Jeb Burnside: Well I did and I didn't. I got out of college and moved to Washington, D.C., and was working for my home town Congressman at the time. He's in the economies forte down in that district was agriculture. So there wasn't a whole lot of policy activity in aviation, but over the years I did make some contacts and got to know a few people and one thing led to another. Kind of started to do some policy work. Mainly political kinds of things using aviation as a backdrop. One thing led to another, changed jobs, changed Congressmen, and I ended up working for one who was on the aviation sub-committee. Mostly by accident as opposed to design and he interacted a little bit with the sub-committee staff. That was not my area of responsibility for that particular member, but I got to know some of the people over there. Moving right along, one thing led to another and I ended up with what was then the National Business Aircraft Association. Now the Business Air Aviation Association.

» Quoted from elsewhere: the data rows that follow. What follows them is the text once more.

-- ===== src/Query/Covers.antt =====
-- A planned query (`Query::plan`, libursa/Query.cpp) asks only for ngrams that are indexed of every
-- file that the query asks for.
use ursadb.Prelude.{
  ℕ, ◌+◌, ◌≤◌, ◌≡◌, refl, sym, ap, ◌∙◌, Bool, true, false, ◌&&◌, List, [], ◌∷◌, ◌++◌, arith, leb,
  Option, none, some, Option-cases, Bool-cases, inl, inr, elem, All,
}
use mathlib.Core.Path.{subst}
use ursadb.Core.{IndexType, gram3, text4, hash4, wide8}
use ursadb.Codec.Encoding.{IsByte}
use ursadb.Query.Syntax.{
  QToken, QString, Query, Queries, literal, ngram, and_of, or_of, min_of, nil, cons,
}
use ursadb.Query.Meaning.{holds, all_hold, any_holds, number_hold}
use ursadb.Query.Occurs.{starts_with, occurs, asks, asks_all, asks_any, asks_number, indexed}
use ursadb.Query.Plan.{add_gram, gram_if, plan_loop, plan_qstring, plan, plan_all}
use ursadb.Query.Gather.{Gathered, gather-Gathered}
use ursadb.Ngram.Generators.{get_generator_for, get_ngram_size_for}
use ursadb.Ngram.Convert.{gather, convert_gram, convert_gram_at}
use ursadb.Ngram.Windows.{narrow, convert_gram-indexed}

size_le : (type : IndexType) → get_ngram_size_for type ≤ 8
unfolding get_ngram_size_for
size_le gram3 = omega arith
size_le text4 = omega arith
size_le hash4 = omega arith
size_le wide8 = omega arith

of_Gathered :
    (type : IndexType) (pre mem : List ℕ) (source g : ℕ)
    → narrow type ≡ true
    → Gathered (get_ngram_size_for type) 0 mem source
    → convert_gram type source ≡ some g
    → elem g (get_generator_for type (pre ++ mem)) ≡ true
of_Gathered type pre mem source g n found e =
    subst (λ t. elem g (get_generator_for type (pre ++ t)) ≡ true) found.front
      (convert_gram-indexed type found.window pre found.behind g n found.size found.fits
        (ap (λ t. convert_gram type t) found.packed ∙ e))

convert_gram_at-some :
    (type : IndexType) (string : QString) (source : ℕ)
    → gather (get_ngram_size_for type) 0 string ≡ some source
    → convert_gram_at type string ≡ convert_gram type source
unfolding convert_gram_at
convert_gram_at-some type string source e = rw (e, convert_gram_at) refl

convert_gram_at-none :
    (type : IndexType) (string : QString)
    → gather (get_ngram_size_for type) 0 string ≡ none
    → convert_gram_at type string ≡ none
unfolding convert_gram_at
convert_gram_at-none type string e = rw (e, convert_gram_at) refl

-- What `convert_gram` gives where the string occurs.
convert_gram_at-indexed :
    (type : IndexType) (string : QString) (pre mem : List ℕ) (g : ℕ)
    → narrow type ≡ true
    → All IsByte mem
    → starts_with string mem ≡ true
    → convert_gram_at type string ≡ some g
    → elem g (get_generator_for type (pre ++ mem)) ≡ true
convert_gram_at-indexed type string pre mem g n bytes here e =
    elim (Option-cases (gather (get_ngram_size_for type) 0 string)) [
      | inl no_gram ↦ let nothing = convert_gram_at-none type string no_gram in cc
      | inr (source, got) ↦
          of_Gathered type pre mem source g n
            (gather-Gathered (get_ngram_size_for type) 0 0 string mem source (omega arith)
              (omega (arith, size_le type)) bytes here got)
            (sym (convert_gram_at-some type string source got) ∙ e)
    ]

gram_if-some : (test : Bool) (o : Option ℕ) (g : ℕ) → gram_if test o ≡ some g → o ≡ some g
gram_if-some true o g e = e
gram_if-some false o g e = cc

-- A gram that is added holds, and what was planned still does.
add_gram-holds :
    (file : List ℕ) (type : IndexType) (test : Bool) (o : Option ℕ) (plan : Queries)
    → ((g : ℕ) → o ≡ some g → elem g (get_generator_for type file) ≡ true)
    → all_hold (indexed file) plan ≡ true
    → all_hold (indexed file) (add_gram type (gram_if test o) plan) ≡ true
unfolding all_hold holds indexed
add_gram-holds file type false o plan h later = later
add_gram-holds file type true none plan h later = later
add_gram-holds file type true (some g) plan h later = rw (h g refl) later

append_one : (pre mem : List ℕ) (b : ℕ) → (pre ++ (b ∷ [])) ++ mem ≡ pre ++ (b ∷ mem)
append_one [] mem b = refl
append_one (p ∷ pre) mem b = ap (λ t. p ∷ t) (append_one pre mem b)

starts_behind :
    (s : QToken) (b : ℕ) (string : QString) (mem : List ℕ)
    → starts_with (s ∷ string) (b ∷ mem) ≡ true
    → starts_with string mem ≡ true
starts_behind s b string mem h = ground arith

module _ (types : IndexType → Bool) (no_wide : types wide8 ≡ false) where
  plan_loop-holds :
      (string : QString) (skip_to i : ℕ) (pre mem : List ℕ)
      → All IsByte mem
      → starts_with string mem ≡ true
      → all_hold (indexed (pre ++ mem)) (plan_loop types skip_to i string) ≡ true
  unfolding plan_loop all_hold
  plan_loop-holds [] skip_to i pre mem bytes here = refl
  plan_loop-holds (s ∷ []) skip_to i pre mem bytes here = refl
  plan_loop-holds (s ∷ t ∷ []) skip_to i pre mem bytes here = refl
  plan_loop-holds (s ∷ t ∷ u ∷ rest) skip_to i pre [] bytes here = cc
  plan_loop-holds (s ∷ t ∷ u ∷ rest) skip_to i pre (b ∷ mem) bytes here =
      let string = s ∷ t ∷ u ∷ rest in
      let file = pre ++ (b ∷ mem) in
      let there : starts_with (t ∷ u ∷ rest) mem ≡ true =
        starts_behind s b (t ∷ u ∷ rest) mem here in
      let later : (k j : ℕ)
          → all_hold (indexed (pre ++ (b ∷ mem))) (plan_loop types k j (t ∷ u ∷ rest)) ≡ true =
        λ k j.
          subst (λ f. all_hold (indexed f) (plan_loop types k j (t ∷ u ∷ rest)) ≡ true)
            (append_one pre mem b)
            (plan_loop-holds (t ∷ u ∷ rest) k j (pre ++ (b ∷ [])) mem bytes.1 there) in
      let found : (type : IndexType)
          → narrow type ≡ true
          → (g : ℕ) → convert_gram_at type string ≡ some g
          → elem g (get_generator_for type (pre ++ (b ∷ mem))) ≡ true =
        λ type n g e. convert_gram_at-indexed type string pre (b ∷ mem) g n bytes here e in
      rw (no_wide, plan_loop)
        (elim (Option-cases (gram_if (types text4) (convert_gram_at text4 string))) [
          | inl no_text ↦
              let plan3 = plan_loop types skip_to (i + 1) (t ∷ u ∷ rest) in
              let test3 = leb skip_to i && types gram3 in
              let plan4 = add_gram gram3 (gram_if test3 (convert_gram_at gram3 string)) plan3 in
              rw no_text (
                add_gram-holds file hash4 (leb skip_to (i + 1) && types hash4) _ plan4
                  (found hash4 refl)
                  (add_gram-holds file gram3 test3 _ plan3 (found gram3 refl)
                    (later skip_to (i + 1))))
          | inr (gram, e) ↦ rw e (
              add_gram-holds file text4 true (some gram)
                (plan_loop types (i + 2) (i + 1) (t ∷ u ∷ rest))
                (λ g same. found text4 refl g (gram_if-some (types text4) _ g (e ∙ same)))
                (later (i + 2) (i + 1)))
        ])

  -- The plan of a string holds where the string occurs.
  plan_qstring-holds :
      (string : QString) (pre mem : List ℕ)
      → All IsByte mem
      → occurs string mem ≡ true
      → holds (indexed (pre ++ mem)) (plan_qstring types string) ≡ true
  unfolding plan_qstring holds
  plan_qstring-holds string pre [] bytes here = plan_loop-holds string 0 0 pre [] bytes here
  plan_qstring-holds string pre (b ∷ mem) bytes here =
      elim (Bool-cases (starts_with string (b ∷ mem))) [
        | inl now ↦ plan_loop-holds string 0 0 pre (b ∷ mem) bytes now
        | inr later ↦
            subst (λ f. all_hold (indexed f) (plan_loop types 0 0 string) ≡ true)
              (append_one pre mem b)
              (plan_qstring-holds string (pre ++ (b ∷ [])) mem bytes.1 (ground arith))
      ]

  module _ (mem : List ℕ) (bytes : All IsByte mem) where
    nothing_asked : plan_qstring types [] ≡ and_of nil
    unfolding plan_qstring plan_loop
    nothing_asked = refl

    mutual
      unfolding plan holds asks

      plan-holds : (q : Query) → asks mem q ≡ true → holds (indexed mem) (plan types q) ≡ true
      plan-holds (literal value) h = plan_qstring-holds value [] mem bytes h
      plan-holds (ngram g) h = rw nothing_asked refl
      plan-holds (and_of qs) h = plan_all-all qs h
      plan-holds (or_of qs) h = plan_all-any qs h
      plan-holds (min_of count qs) h = ground (arith, plan_all-number qs)

      plan_all-all :
          (qs : Queries)
          → asks_all mem qs ≡ true
          → all_hold (indexed mem) (plan_all types qs) ≡ true
      plan_all-all nil h = refl
      plan_all-all (cons q qs) h = ground (arith, plan-holds q, plan_all-all qs)

      plan_all-any :
          (qs : Queries)
          → asks_any mem qs ≡ true
          → any_holds (indexed mem) (plan_all types qs) ≡ true
      plan_all-any nil h = cc
      plan_all-any (cons q qs) h = ground (arith, plan-holds q, plan_all-any qs)

      plan_all-number :
          (qs : Queries) → asks_number mem qs ≤ number_hold (indexed mem) (plan_all types qs)
      plan_all-number nil = omega arith
      plan_all-number (cons q qs) = ground (arith, plan-holds q, plan_all-number qs)

-- Without wide8, what `plan` makes of a query holds for every file that the query asks for.
pub plan-covers :
    (types : IndexType → Bool) (mem : List ℕ) (q : Query)
    → types wide8 ≡ false
    → All IsByte mem
    → asks mem q ≡ true
    → holds (indexed mem) (plan types q) ≡ true
plan-covers types mem q no_wide bytes h = plan-holds types no_wide mem bytes q h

J.R. Warmkessel: When about was this?


Jeb Burnside: This was mid-83 I want to think and that's when it got hot and heavy as far as getting into aviation policy.


J.R. Warmkessel: So anything that you worked on that would effect us today or that was really memorable that you'd like to share with our listeners?


Jeb Burnside: It goes back a long way. That time frame was the early years of implementation of the first major consolidated aviation bill which was enacted in 82. That was bill that J. Lynn Helms asked for that pushed through a bunch of infrastructure and FAA technology developments. Five year funding bill, aviation fuel taxes in the mix, yadda yadda yadda. Worked on a lot of the implementation of that. Working to try to get up some of the airport funding numbers. Perhaps less so on the facilities and equipment side of the FAA budget. Worked with customs. Worked with the IRS a lot on various regulatory proposals. I remember I think I singlehandedly saved Loran-C one year.